NMR spectroscopy

Biomolecular nuclear magnetic resonance spectroscopy (NMR) is a very versatile technique that can be used to determine the three dimensional structures of proteins, DNA, RNA, oligosaccharides and small molecules. It can also be used to study conformational changes, intermolecular interactions (both strong and weak), and molecular motion on many timescales in solution. NMR is widely used in metabolomics studies. (and enquiries for this type of application should be directed to Glasgow Polyomics) Solution state NMR complements the other techniques, such as circular dichroism and X-ray crystallography, available in the facility.

Generally, biomacromolecular NMR samples should be prepared with highly purified material, often isotopically labelled with 15N, 13C and even 2H, but NMR has been used e.g. to study proteins in living cells, and ligand-receptor interactions where the receptor comprises an un-purified membrane preparation.

Some guidance on typical sample requirements are given below, but given the breadth of applications possible with NMR, and the variety of specific sample requirements, it is advised that you discuss your project with Dr Brian Smith before planning experiments.

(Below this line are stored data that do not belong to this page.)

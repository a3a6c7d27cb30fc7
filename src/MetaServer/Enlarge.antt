-- ===== src/MetaServer/Enlarge.antt =====
-- One block for a file is taken from a space manager, and from no other file.
pub mod Rounds
use Prim.Native.Nat.{◌%◌}
use sponge_bob.Prelude.{
  ℕ, zero, suc, ◌+◌, ◌-◌, ◌*◌, ◌/◌, ◌^◌, ◌≤◌, ◌<◌, ◌≡◌, refl, ap, sym, subst, ◌∙◌, ◌≢◌, ◌⊎◌, String,
  Bool, true, false, Option, none, some, List, [], ◌∷◌, ◌++◌, arith, ltb, ◌==◌, ==_iff,
  if◌then◌else◌, length, count, indicator, get_elem?, u64_mod, u64_of_int, u64_of_int-injective,
  add64, sub64, mul64, Bool-cases, inl, inr, length-append, count-append,
}
use sponge_bob.Result.{ok, fault, or_fault, ◌>>=◌}
use sponge_bob.Containers.Table
use sponge_bob.Containers.Table.{Table, keys, find-assign_in_order}
use sponge_bob.Inode.{Inode, BlockInfo, file_block_size, append_file_block_info, get_block_num}
use sponge_bob.SpaceManager
use sponge_bob.SpaceManager.{SpaceManager}
use sponge_bob.SpaceManager.Partition.{Takes, allocate_one_block_room, blocks_on, blocks_on-append}
use sponge_bob.MetaServer.Transfer.Total.{Addressable}
use sponge_bob.MetaServer.State.{
  Service, nth_key, int_rounds, choose_server, append_block, append_blocks, enlarge,
}
use sponge_bob.MetaServer.Consistent.{Managed, Spaces, owned, owned-assign}

-- Every space manager has at least `n` blocks left, and there is one.
pub record Room (n : ℕ) (sms : Table SpaceManager) : Type 0 where
  pub some_server : 0 < length sms
  pub at :
      (k : ℕ) (sm : SpaceManager) → Table.find k sms ≡ some sm → sm.cur_blocks + n ≤ sm.total_blocks

-- The key at a place of the map is a key of the map.
pub find-nth_key :
    (r : ℕ) (m : Table SpaceManager)
    → r < length m
    → (sm : SpaceManager) × (Table.find (nth_key r m) m ≡ some sm)
unfolding nth_key Table.find
find-nth_key r [] h = elim h [ ]
find-nth_key zero ((k, sm) ∷ m) h = (sm, ground arith)
find-nth_key (suc r) ((k, sm) ∷ m) h = elim (Bool-cases (k == nth_key r m)) [
  | inl e ↦ (sm, rw e refl)
  | inr e ↦ let (sm', f) = find-nth_key r m (omega arith) in (sm', rw e f)
]

length-assign_in_order :
    (k : ℕ) (sm : SpaceManager) (m : Table SpaceManager)
    → 0 < length m
    → 0 < length (Table.assign_in_order k sm m)
unfolding Table.assign_in_order
length-assign_in_order k sm [] h = elim h [ ]
length-assign_in_order k sm ((j, w) ∷ m) h = ground arith

-- One block more in the inode that is stored under `inum`.
owned_appended :
    (t c inum : ℕ) (i i' old : Inode) (info : BlockInfo) (m : Table Inode)
    → Table.find inum m ≡ some old
    → i'.block_info_list ≡ i.block_info_list ++ info ∷ []
    → owned t c (Table.assign inum i' m)
      ≡ owned t c (Table.assign inum i m)
        + (if info.server_id == t then indicator (info.block_nr == c) else 0)
owned_appended t c inum i i' old info m found e = ground (
  arith,
  owned-assign t c inum i old m found,
  owned-assign t c inum i' old m found,
  ap (λ l. count c (blocks_on t l)) e,
  ap (count c) (blocks_on-append t i.block_info_list (info ∷ [])),
  count-append c (blocks_on t i.block_info_list) (blocks_on t (info ∷ [])),
)

module _ (m : Table Inode) (inum : ℕ) (i i' old : Inode) (found : Table.find inum m ≡ some old)
    (k b : ℕ) (sm sm' : SpaceManager) (sms : Table SpaceManager) (t : Takes sm b sm')
    (here : Table.find k sms ≡ some sm) (sp : Spaces (Table.assign inum i m) sms) (info : BlockInfo)
    (e : i'.block_info_list ≡ i.block_info_list ++ info ∷ []) (on : info.server_id ≡ u64_of_int k)
    (nr : info.block_nr ≡ b) where
  Managed-here : Managed (Table.assign inum i' m) k sm'
  Managed-here =
      let g = sp.at k sm here in
      record {
        key = g.key;
        id = t.same.server_id ∙ g.id;
        valid = t.valid;
        reach = omega (arith, g.reach, t.same.total_blocks);
        used = λ c.
            let same : sm'.server_id ≡ sm.server_id = t.same.server_id in
            let this : info.server_id ≡ sm.server_id = on ∙ sym g.id in
            rw same (
              ground (
                arith,
                ap (count c) t.inused_blocks,
                g.used c,
                owned_appended sm.server_id c inum i i' old info m found e,
                this,
                nr,
              ));
      }

  Managed-elsewhere :
      (j : ℕ) (w : SpaceManager)
      → (k == j) ≡ false
      → Table.find j sms ≡ some w
      → Managed (Table.assign inum i' m) j w
  Managed-elsewhere j w ne there =
      let g = sp.at j w there in
      let h = sp.at k sm here in
      let other : info.server_id ≢ w.server_id =
        λ q. cc (ne, (==_iff k j).1 (u64_of_int-injective k j h.key g.key (sym on ∙ q ∙ g.id))) in
      record {
        key = g.key;
        id = g.id;
        valid = g.valid;
        reach = g.reach;
        used = λ c.
            ground
              (arith, g.used c, owned_appended w.server_id c inum i i' old info m found e, other);
      }

  pub append-Spaces : Spaces (Table.assign inum i' m) (Table.assign_in_order k sm' sms)
  append-Spaces = record {
    at = λ j w p. elim (Bool-cases (k == j)) [
      | inl same ↦
          let q : sm' ≡ w = ground (arith, find-assign_in_order j k sm' sms, p, same) in
          let r : k ≡ j = (==_iff k j).0 same in
          subst (λ x. Managed (Table.assign inum i' m) x w) r
            (subst (λ x. Managed (Table.assign inum i' m) k x) q Managed-here)
      | inr ne ↦ Managed-elsewhere j w ne (ground (arith, find-assign_in_order j k sm' sms, p, ne))
    ];
  }

  pub append-Room : (n : ℕ) → Room (suc n) sms → Room n (Table.assign_in_order k sm' sms)
  append-Room n rm = record {
    some_server = length-assign_in_order k sm' sms rm.some_server;
    at = λ j w p. elim (Bool-cases (k == j)) [
      | inl same ↦
          let q : sm' ≡ w = ground (arith, find-assign_in_order j k sm' sms, p, same) in
          subst (λ (x : SpaceManager). x.cur_blocks + n ≤ x.total_blocks) q
            (omega (arith, rm.at k sm here, t.cur_blocks, t.same.total_blocks))
      | inr ne ↦
          let q : Table.find j sms ≡ some w =
            ground (arith, find-assign_in_order j k sm' sms, p, ne) in
          omega (arith, rm.at j w q)
    ];
  }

Typical Sample Requirements

‌For biomacromolecules (proteins, DNA and RNA), samples should typically be >95% pure in low (100 mM) ionic strength, aqueous buffer that contains only hydrogen atoms that do exchange with the solvent, e.g. sodium phosphate.

The sample should be stable in solution for hours to weeks at the required temperature (typically 15-40 °C)

The buffer used should not contain additives such as glycerol, detergents and reducing agents. Alternatively, deuterated buffer components (e.g. Tris, HEPES, imidazole, EDTA, DTT, TCEP) should be used.

Biomacromolecule concentrations should ideally be in the range 0.1-2.0 mM. The standard NMR sample volume is 600 ml meaning that 60 nmoles to 1.2 mmoles of the target will be required per sample.